**WHAT TO DO:**
Determine how many lines in these records hold "IsStable". Only the number is wanted.

BEGIN RECORDS SUPPLIED

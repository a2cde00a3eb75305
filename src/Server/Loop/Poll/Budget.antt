-- ===== src/Server/Loop/Poll/Budget.antt =====
-- The room that a callback of the server may take: entries of the registry, tokens and client ids, and
-- the descriptors with an event, which no callback makes more.
use irc_chat.Base.{nat_eq}
use irc_chat.Base.{
  ℕ, ◌+◌, ◌≤◌, ◌≡◌, refl, [], ◌∷◌, some, arith, lookup, update, insert, Map, inl, inr, Bool-cases,
  length,
}
use irc_chat.Connection.Frugal.{idle_of, IsFrugal, IsFrugal-same, send_text-IsFrugal}
use irc_chat.Connection.{Connection, send_message}
use irc_chat.Message.Print.{to_string}
use irc_chat.Message.{Message}
use irc_chat.Registry.Measure.{IsQuieter}
use irc_chat.Registry.{PollRegistry}
use irc_chat.Server.Keeping.{IsStable, CanReply, called}
use irc_chat.Server.World.{World, send_if_connected}

unfoldable pub idle_count : Map ℕ Connection → ℕ
idle_count [] = 0
idle_count ((k, c) ∷ m) = idle_of c + idle_count m

pub idle_count-update :
    (id : ℕ) (c c' : Connection) (m : Map ℕ Connection)
    → lookup id m ≡ some c
    → idle_count (update id (λ _. c') m) + idle_of c ≡ idle_count m + idle_of c'
unfolding idle_count lookup update
idle_count-update id c c' [] e = cc
idle_count-update id c c' ((k, d) ∷ m) e = ground (arith, idle_count-update id c c' m)

pub idle_count-insert :
    (id : ℕ) (c : Connection) (m : Map ℕ Connection)
    → idle_count (insert id c m) ≤ idle_of c + idle_count m
unfolding idle_count insert
idle_count-insert id c [] = omega arith
idle_count-insert id c ((k, d) ∷ m) = ground (arith, idle_count-insert id c m)

-- Within so many entries, tokens and ids, and with no more events than `r`.
pub record IsWithin (entries tokens ids : ℕ) (r : PollRegistry) (w : World) : Type 0 where
  pub few_entries : length w.registry.fds + idle_count w.connections ≤ entries
  pub few_tokens : w.registry.next_tok + idle_count w.connections ≤ tokens
  pub few_ids : w.curr_id_count ≤ ids
  pub quieter : IsQuieter w.registry r

-- A connection and the registry are written.
abbrev pub put : ℕ → Connection → PollRegistry → World → World
put id c r w = record w { connections = update id (λ _. c) w.connections; registry = r }

-- A call on one connection that takes `extra` more at most.
pub put-IsWithin :
    (extra entries tokens ids : ℕ) (r₀ : PollRegistry) (id : ℕ) (c c' : Connection)
    (r : PollRegistry) (w : World)
    → lookup id w.connections ≡ some c
    → IsFrugal extra c w.registry c' r
    → IsWithin entries tokens ids r₀ w
    → IsWithin (extra + entries) (extra + tokens) ids r₀ (put id c' r w)
put-IsWithin extra entries tokens ids r₀ id c c' r w e f h = record {
  few_entries = omega (arith, idle_count-update id c c' w.connections e, f.entries, h.few_entries);
  few_tokens = omega (arith, idle_count-update id c c' w.connections e, f.tokens, h.few_tokens);
  few_ids = h.few_ids;
  quieter = λ i. omega (arith, f.quieter i, h.quieter i);
}

pub more-IsWithin :
    {e t i e' t' i' : ℕ} {r₀ : PollRegistry} {w : World}
    → e ≤ e'
    → t ≤ t'
    → i ≤ i'
    → IsWithin e t i r₀ w
    → IsWithin e' t' i' r₀ w
more-IsWithin p q r h = record {
  few_entries = omega (arith, h.few_entries);
  few_tokens = omega (arith, h.few_tokens);
  few_ids = omega (arith, h.few_ids);
  quieter = h.quieter;
}

module _ (entries tokens ids : ℕ) (r₀ : PollRegistry) where
  pub called-IsWithin :
      (f : Connection → PollRegistry → Connection × PollRegistry)
      → ((c : Connection) (r : PollRegistry) → IsFrugal 0 c r (f c r).0 (f c r).1)
      → (id : ℕ) (w : World) (c : Connection) → lookup id w.connections ≡ some c
      → IsWithin entries tokens ids r₀ w
      → IsWithin entries tokens ids r₀ (called f id c w)
  called-IsWithin f frugal id w c e h = more-IsWithin (omega arith) (omega arith) (omega arith) (
      put-IsWithin 0 entries tokens ids r₀ id c (f c w.registry).0 (f c w.registry).1 w e
        (frugal c w.registry) h)

  send_if_connected-IsFrugal :
      (msg : Message) (c : Connection) (r : PollRegistry)
      → IsFrugal 0 c r (send_if_connected msg c r).0 (send_if_connected msg c r).1
  send_if_connected-IsFrugal msg c r = elim (Bool-cases c.connected) [
    | inl up ↦ rw up (send_text-IsFrugal (to_string msg) _ r)
    | inr down ↦ rw down (IsFrugal-same _ _ r refl)
  ]

  pub IsWithin-IsStable : IsStable (IsWithin entries tokens ids r₀)
  IsWithin-IsStable = record {
    on_db = λ w db h. record {
      few_entries = h.few_entries;
      few_tokens = h.few_tokens;
      few_ids = h.few_ids;
      quieter = h.quieter;
    };
    on_member = λ w k c msg e h.
        called-IsWithin (send_if_connected msg) (send_if_connected-IsFrugal msg) k w c e h;
  }

  pub IsWithin-CanReply : (id : ℕ) → CanReply id (IsWithin entries tokens ids r₀)
  unfolding send_message
  IsWithin-CanReply id = record {
    on_reply = λ w c msg e h.
        called-IsWithin (send_message msg) (send_text-IsFrugal (to_string msg)) id w c e h;
  }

END RECORDS SUPPLIED

**YOUR SOLUTION:**
3